In any case, the solution to this problem is typically to run reducer algorithm that will decrease the number of triangles in the mesh while keeping introduced geometric error as small as possible.

The reducing task is well-studied area of computational geometry research - there are a lot of known approaches that give excellent results.

However, it does not mean the task is easy or trivial - there are a lot of factors which make it complex to implement:

Huge input data: the reducing algorithm should be designed from the ground up with the possibility to take at the input as large input models as possible, after all this is why people need reducing at all. This requirement implies very strict bounds on time and memory algorithm can use.

The algorithm used in Materialise during some experiments was able to reduce models with number of triangles close to ten millions on average hardware.

Geometric error control: typically customer wants to place quite restrictive limit on allowed geometric error during reducing, as typically there’s some upper bound of geometric error which the whole processing chain may not violate.

Control over special surface features: it’s often the case that besides geometric error user wants to minimize model features distortions according to some special criteria, such as “preserve sharp corners of model”, or “preserve the boundary between different models areas”.
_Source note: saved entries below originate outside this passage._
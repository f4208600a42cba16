-- ===== src/Demo.antt =====
-- wasm/src/lib.rs: `run_demo`, from the mode and the two numbers that the page asks for to the
-- samples and the summary of the result, without its JSON text.
pub mod Fed
pub mod Silent
pub mod Loop
pub mod Outcome
use Prim.Native.String.{String}
use fieldbus_control_node.Prelude.{
  ℕ, zero, suc, ◌+◌, ◌-◌, ◌*◌, ◌/◌, ◌%◌, Bool, true, false, not, ◌&&◌, ◌||◌, Option, none, some,
  List, [], ◌∷◌, ltb, ◌==◌, if◌then◌else◌, min, u8, u32, bit_xor, ℤ, pos, ◌-ℤ◌, same_text,
}
use fieldbus_control_node.J1939.Payload.{Frame, sensor_frame, status_ok}
use fieldbus_control_node.Watchdog.{
  SafeReason, SafeState, sensor_stale, time_since_last_accepted_us,
}
use fieldbus_control_node.Control.Float.{Float32}
use fieldbus_control_node.Node.{
  ControlNode, StepOutput, with_watchdog_timeout, watchdog_timeout_us, step, is_some,
}

abbrev pub period_us : ℕ
period_us = 10000

unfoldable pub clamp : ℕ → ℕ → ℕ → ℕ
clamp low high n = if ltb n low then low else if ltb high n then high else n

unfoldable pub cycles_of : ℕ → ℕ
unfolding clamp
cycles_of requested_cycles = clamp 50 2000 requested_cycles

unfoldable pub fault_cycle_of : ℕ → ℕ → ℕ
fault_cycle_of cycles requested_fault_cycle = min requested_fault_cycle (cycles - 1)

-- The reading of a cycle: at most 599 and at least -600, so its casts to `i32` and `i16` are exact.
unfoldable pub reading_at : ℕ → ℤ
reading_at cycle = pos (u32 (cycle * 37) % 1200) -ℤ pos 600

unfoldable pub demo_frame : ℕ → Frame
unfolding reading_at
demo_frame cycle = sensor_frame (u8 cycle) (reading_at cycle) status_ok

unfoldable pub corrupt : Frame → Frame
corrupt f = record f { bytes = record f.bytes { b7 = bit_xor f.bytes.b7 0x01 } }

-- What the node receives in a cycle.
unfoldable pub received : String → ℕ → ℕ → List Frame
unfolding demo_frame corrupt
received mode fault_cycle cycle =
    let frozen = same_text mode "sensor_stale" && not (ltb cycle fault_cycle) in
    let frame = demo_frame cycle in
    if frozen
    then []
    else if same_text mode "bad_crc" && cycle == fault_cycle
    then frame ∷ corrupt frame ∷ []
    else frame ∷ []

-- `map_or(default, |state| state.time_since_last_accepted_us())`
unfoldable pub reaction_or : ℕ → Option SafeState → ℕ
reaction_or default none = default
reaction_or default (some state) = time_since_last_accepted_us state

unfoldable pub trip_cycle : SafeReason → ℕ
trip_cycle (sensor_stale last_seen_us tripped_at_us timeout_us) = u32 (tripped_at_us / period_us)

unfoldable pub safe_cycle_of : Option SafeState → Option ℕ
safe_cycle_of none = none
safe_cycle_of (some state) = some (trip_cycle state.reason)

unfoldable pub mode_shown : String → String
mode_shown mode =
    if same_text mode "bad_crc" || same_text mode "sensor_stale" then mode else "normal"

module _ (fl : Float32) where
  pub record Sample : Type 0 where
    pub cycle : ℕ
    pub actuator : fl.F
    pub accepted : ℕ
    pub rejected : ℕ
    pub safe : Bool
    pub reaction_us : ℕ

  pub record Demo : Type 0 where
    pub mode : String
    pub cycles : ℕ
    pub fault_cycle : ℕ
    pub samples : List Sample
    pub accepted : ℕ
    pub rejected : ℕ
    pub safe_latched : Bool
    pub safe_cycle : Option ℕ
    pub reaction_us : ℕ

  unfoldable pub sample_of : ℕ → StepOutput fl → Sample
  sample_of cycle output = record {
    cycle = cycle;
    actuator = output.actuator;
    accepted = output.accepted;
    rejected = output.rejected;
    safe = is_some output.safe_state;
    reaction_us = reaction_or 0 output.safe_state;
  }

  -- What the loop leaves: the node, the last reaction time and the samples.
  pub record Played : Type 0 where
    pub node : ControlNode fl
    pub last_reaction_us : ℕ
    pub samples : List Sample

  -- The loop from `cycle` on, with `left` cycles to go.
  unfoldable pub play : String → ℕ → ℕ → ℕ → ControlNode fl → ℕ → Played
  play mode fault_cycle zero cycle n last_reaction_us = record {
    node = n;
    last_reaction_us = last_reaction_us;
    samples = [];
  }
  play mode fault_cycle (suc left) cycle n last_reaction_us =
      let (n', output) = step fl n (cycle * period_us) (received mode fault_cycle cycle) in
      let rest =
        play mode fault_cycle left (cycle + 1) n'
          (reaction_or last_reaction_us output.safe_state) in
      record rest { samples = sample_of cycle output ∷ rest.samples }

  unfoldable pub run_demo : String → ℕ → ℕ → Demo
  unfolding cycles_of fault_cycle_of
  run_demo mode requested_cycles requested_fault_cycle =
      let cycles = cycles_of requested_cycles in
      let fault_cycle = fault_cycle_of cycles requested_fault_cycle in
      let node = with_watchdog_timeout fl 0 watchdog_timeout_us in
      let played = play mode fault_cycle cycles 0 node 0 in
      let last = (step fl played.node (cycles * period_us) []).1 in
      record {
        mode = mode_shown mode;
        cycles = cycles;
        fault_cycle = fault_cycle;
        samples = played.samples;
        accepted = last.accepted;
        rejected = last.rejected;
        safe_latched = is_some last.safe_state;
        safe_cycle = safe_cycle_of last.safe_state;
        reaction_us = reaction_or played.last_reaction_us last.safe_state;
      }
All these challenges were solved successfully during reducing algorithm implementation for Materialise.

## Female Model Reducing

Model is courtesy of Cyberware, Inc.

### Original model

There are 717784 triangles in this model.

### Reduced model

There are 113784 triangles in reduced model. Processing time was close to 10 seconds on AMD Athlon64 3800+ CPU with 2 Gb of RAM.

### Original model (close up)

Please note regular pattern of triangulation, produced by scanner software.

### Reduced model (close up)

Please note that now triangles are distributed non-uniformly: smaller triangles at regions with high curvature and larger ones at flat regions, also triangles edges are collinear with models features.